Throw on top of that mandatory solar and battery systems that cost 100k per unit and you get a triple super effective never have anything build magic combo.
Kamala says she won't tell you what car you have to drive so fortunately mandatory EV chargers are off the table.
Teslas are very lightweight, hence subject to damage easily. I trust their insurance rates are suitably higher.
...that 2021 rule allowed people to continually delay their eviction cases for months or even years.
DC landlords, you're lucky you're not getting the wall!
...while the MBTA Communities Act allows the state to strip funding from the town for being out of compliance, it can't actually force it to make zoning changes.
What could be more important to a town like Milton than state money???
The city's builders have long complained that these policies effectively act as a tax on new housing that's suppressing construction activity.
If Gainey can't signal his virtue through his reforms then why would be make them? Just for the sole sake of new construction???
A court rules that the California Capitol annex project is exempt from the California Environmental Quality Act (CEQA)...
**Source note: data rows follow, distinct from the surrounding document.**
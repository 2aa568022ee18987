-- ===== src/Inv/Reads.antt =====
-- What a read that succeeds says of the maps.
use basiccoin.Base.{ℕ, ◌≡◌, ◌≢◌, some, arith}
use basiccoin.Base.Eq.{beq_ne}
use basiccoin.Base.Result.{ok}
use basiccoin.Collections.Map as Map
use basiccoin.Core.Block.{Block}
use basiccoin.Hash.{HashT, hash_eq, eq_zero, zero_hash}
use basiccoin.Inv.{
  Inv, BlockRecord, get_block_record, get_block, get_block_height, get_block_total_work,
  get_block_parent_id,
}

module _ (inv : Inv) (id : HashT) where
  pub get_block-eq-ok :
      {b : Block}
      → get_block inv id ≡ ok b
      → (r : BlockRecord) × (Map.lookup id inv.blocks ≡ some r) × (r.block ≡ b)
  unfolding get_block get_block_record
  get_block-eq-ok e = ground arith

  pub get_block_height-eq-ok :
      {h : ℕ}
      → get_block_height inv id ≡ ok h
      → (r : BlockRecord) × (Map.lookup id inv.blocks ≡ some r) × (r.height ≡ h)
  unfolding get_block_height get_block_record
  get_block_height-eq-ok e = ground arith

  pub get_block_total_work-eq-ok :
      {w : HashT}
      → get_block_total_work inv id ≡ ok w
      → (r : BlockRecord) × (Map.lookup id inv.blocks ≡ some r) × (r.total_work ≡ w)
  unfolding get_block_total_work get_block_record
  get_block_total_work-eq-ok e = ground arith

  pub get_block_height_lem :
      {r : BlockRecord} → Map.lookup id inv.blocks ≡ some r → get_block_height inv id ≡ ok r.height
  unfolding get_block_height get_block_record
  get_block_height_lem e = rw e

  -- The parent of a stored block that is not the zero block.
  pub get_block_parent_id_lem :
      {r : BlockRecord}
      → id ≢ zero_hash
      → Map.lookup id inv.blocks ≡ some r
      → get_block_parent_id inv id ≡ ok r.block.prev_block_id
  unfolding get_block_parent_id get_block get_block_record eq_zero
  get_block_parent_id_lem ne e = rw (beq_ne id zero_hash ne, e)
Government construction projects are actually what closed the hole in the ozone layer.
The New York Times blames too-weak building codes for the destruction wrought by once-in-a-century storm.
North Carolina, be more like New York City!
ADU construction is exploding across California, as is one individual ADU.
More like auxiliary meth lab. Am I right, people?
Auxiliary Drug Unassembly!
California Gov. Gavin Newsom makes $130 million available for clearing homeless camps.
He's running.
Is the CCP sending a delegation to Sacramento, or did an encampment of "unhoused neighbors" start to form in the PlumpJack vineyards?
One easy way for most "progressive" jurisdictions to get speculators to stop buying up housing in their cities. Stop creating the shortages that ensure that such speculation will provide a higher return than the stock market.
Once Blackrock is no longer the only prospective buyer who can afford to drop $1.2Mil for a 1500 sq ft 3 bedroom "fixer", and be guaranteed that it'll double in value after 7-8 years they'll stop buying up all the available housing in L.A. just to hold/flip it for a risk-free return that beats inflation.